The method Bob suggested for the water pump was to make it out of a large rod (1-1/2") turning and boring in the 4-jaw. I suspect he may not have used or liked a mill.
Here's my proposed method.
Do all the boring and layout on the mill table, rod vertical in the vise, using the DRO's for layout, after centering it of course. Start with a near finish diameter rod, 7/8" diameter. Make the backing plate from just that, 1/8" thick plate, separately. You still have to make the backing plate and the rear of the housing really flat and mate together. A little water-pump gasket cement, or other sealant might be needed. You could easily make the backing plate, mate it to the housing, bolt it to the back of the housing and bore the shaft holes. Take off the plate, then bore the 2 gear holes. Make sense??
Then you can turn that eccentric nose for the output shaft on the lathe in the 4 jaw of course.
By the way, I make my gears from scratch because I am too dumb to buy stock. Already made the timing gears, so what's a few more. They are fun. I make hobs, heat treat them, and cut away. After about 3 or 4 times around the dial in the rotary table you have them at full depth of the tooth cut.
By the way, I already see that this really helps me learn, because I have to think out what I am going to do before posting it. Eureka!!


----------



## Speedy (Feb 27, 2010)

keep us updated 

also, both pistons go up and down together? but one just fires on each revolution?


----------



## Mosey (Feb 27, 2010)

Speedy  said:
			
		

> keep us updated
> 
> also, both pistons go up and down together? but one just fires on each revolution?

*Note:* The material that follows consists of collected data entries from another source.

-- ===== src/Dbnode/Local/Rereading.antt =====
-- dbnode/dbnode.go: a write and a read in quorums of one node, over the in-memory store.
use part_ii_project.Base.{
  ◌==◌, minus_one, increment-eq-add, Bytes, bytes_equal_iff, ok, ℕ, ◌+◌, ◌<◌, ◌≡◌, true, false,
  ◌&&◌, not, some, [], ◌∷◌, ◌++◌, arith,
}
use part_ii_project.Packet.{
  Message, client_write_response, client_read_response, same_type, Messagetype,
  client_strong_write_request,
}
use part_ii_project.Datastore.Memstore.{Memstore, memstore}
use part_ii_project.Datastore.Memstore.Laws.{put_committed}
use part_ii_project.Dbnode.Coordinator.{decode_timestamp_val, encode_timestamp_val, decode-encode}
use part_ii_project.Dbnode.State.{Dbnode, emit}
use part_ii_project.Dbnode.Local.{
  is_busy, client_response, process_local_read, process_local_write, write_at,
}

module _ {E : Type 0} where
  -- An answer to a client with a value and its timestamp.
  abbrev pub answer_with : Dbnode Memstore E → Message → Messagetype → ℕ → Bytes → Message
  answer_with n m type t v = record (client_response n m) {
    demux_key = type;
    value = v;
    timestamp = t;
    ok = true;
  }

  -- A local write that is not a strong one with another timestamp than the next, at a node with no
  -- uncommitted write and with a readable value of a timestamp before the last one, is answered with
  -- the next timestamp, and every later read of its key answers its value at that timestamp.
  pub read-of_write :
      (n : Dbnode Memstore E) (m : Message) (stored : Bytes) (t : ℕ) (v : Bytes)
      → is_busy n ≡ false
      → memstore.get n.store m.key ≡ some stored
      → decode_timestamp_val stored ≡ ok (t, v)
      → t < minus_one
      → (not (t + 1 == m.timestamp) && same_type m.demux_key client_strong_write_request) ≡ false
      → (b : Dbnode Memstore E) × (process_local_write memstore n m ≡ ok b)
        × (b.outgoing ≡ n.outgoing ++ answer_with n m client_write_response (t + 1) m.value ∷ [])
        × ((r : Message)
            → r.key ≡ m.key
            → process_local_read memstore b r
              ≡ ok (emit b (answer_with b r client_read_response (t + 1) m.value)))
  unfolding process_local_read process_local_write write_at is_busy emit
  read-of_write n m stored t v free read decoded lt accepted =
      let c = put_committed n.store m.key (encode_timestamp_val (t + 1) m.value) in
      (
        write_at memstore n m (t + 1),
        ground (arith, free, read, decoded, increment-eq-add t lt, accepted),
        ground (arith, c.0),
        λ r e. ground (
          arith,
          e,
          free,
          c.1 m.key,
          bytes_equal_iff m.key m.key,
          decode-encode (t + 1) m.value (omega arith),
        ),
      )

According to the plans, the crankshaft is designed with both mains in line on a common axis. Now I don't know how we are going to get them to fire correctly??


----------



## stevehuckss396 (Feb 27, 2010)

They fire as follows.

0 degrees 1 fires, 2 starts intake stroke
180 degrees 1 starts exhaust stroke, 2 starts compression stroke
360 degrees 1 starts intake stroke, 2 fires
540 degrees 1 starts compression stroke, 2 starts exhaust stroke.
720 degrees 1 fires, 2 starts intake stroke

You get a power stroke every 360 degrees.


----------



## Mosey (Feb 27, 2010)

Does that mean I have to distribute the sparks to the plugs separately, cause the ignition is by breaker off the camshaft, once per revolution. Or do you waste a spark and let the opening and closing of the valves control combustion? I am very unsure here.


----------



## kf2qd (Feb 27, 2010)

Classic wasted spark setup. Fewer parts, fewer failures.


----------



## Mosey (Mar 13, 2010)

I am working on building the water pump, and have been sidetracked by some confusion in the plans.
The body of the pump is .780"
The 2 gears are supposed to be .250" OD, running in .251" bores.
Face .220
10 tooth
Bore .125" shaft
PD .315"
 and 
the gear centers are supposed to be .315" so that the gears mesh with each other their full tooth depth. This obviously doesn't work.

So, I need to enlarge the gears so that they actually overlap their tooth depth. When I figure out what size gears to use I will further post this info.

I have been test boring the gear bores to learn how to handle these HSS boring bars, and find cuts of about 5-10 thousands at a time at the slowest spindle speed works well (brass).

Also, what do you think about mounting the gears on the shafts with tiny Woodruff keys instead of the Loctite? I know that the Loctite will work, but are we not building these tiny engines to have fun? and wouldn't making little keys be fun? and show off to our friends? Actually, MSC has them 1/16" x 1/4". Hmm.

By the way, why does that guy on the MIT videos raise the knee to bore and drill, when the quill is much better IMHO. My knee doesn't have stops. My quill does and it can be set to bore to a fixed depth, and it's easier to control and move up and down? Please enlighten this newbie about drilling and boring on the mill.


----------



## kuhncw (Mar 13, 2010)

I pulled my Silver Bullet drawing for the water pump and see different numbers. The drawing says REV 2 and the date is 15 April 2000.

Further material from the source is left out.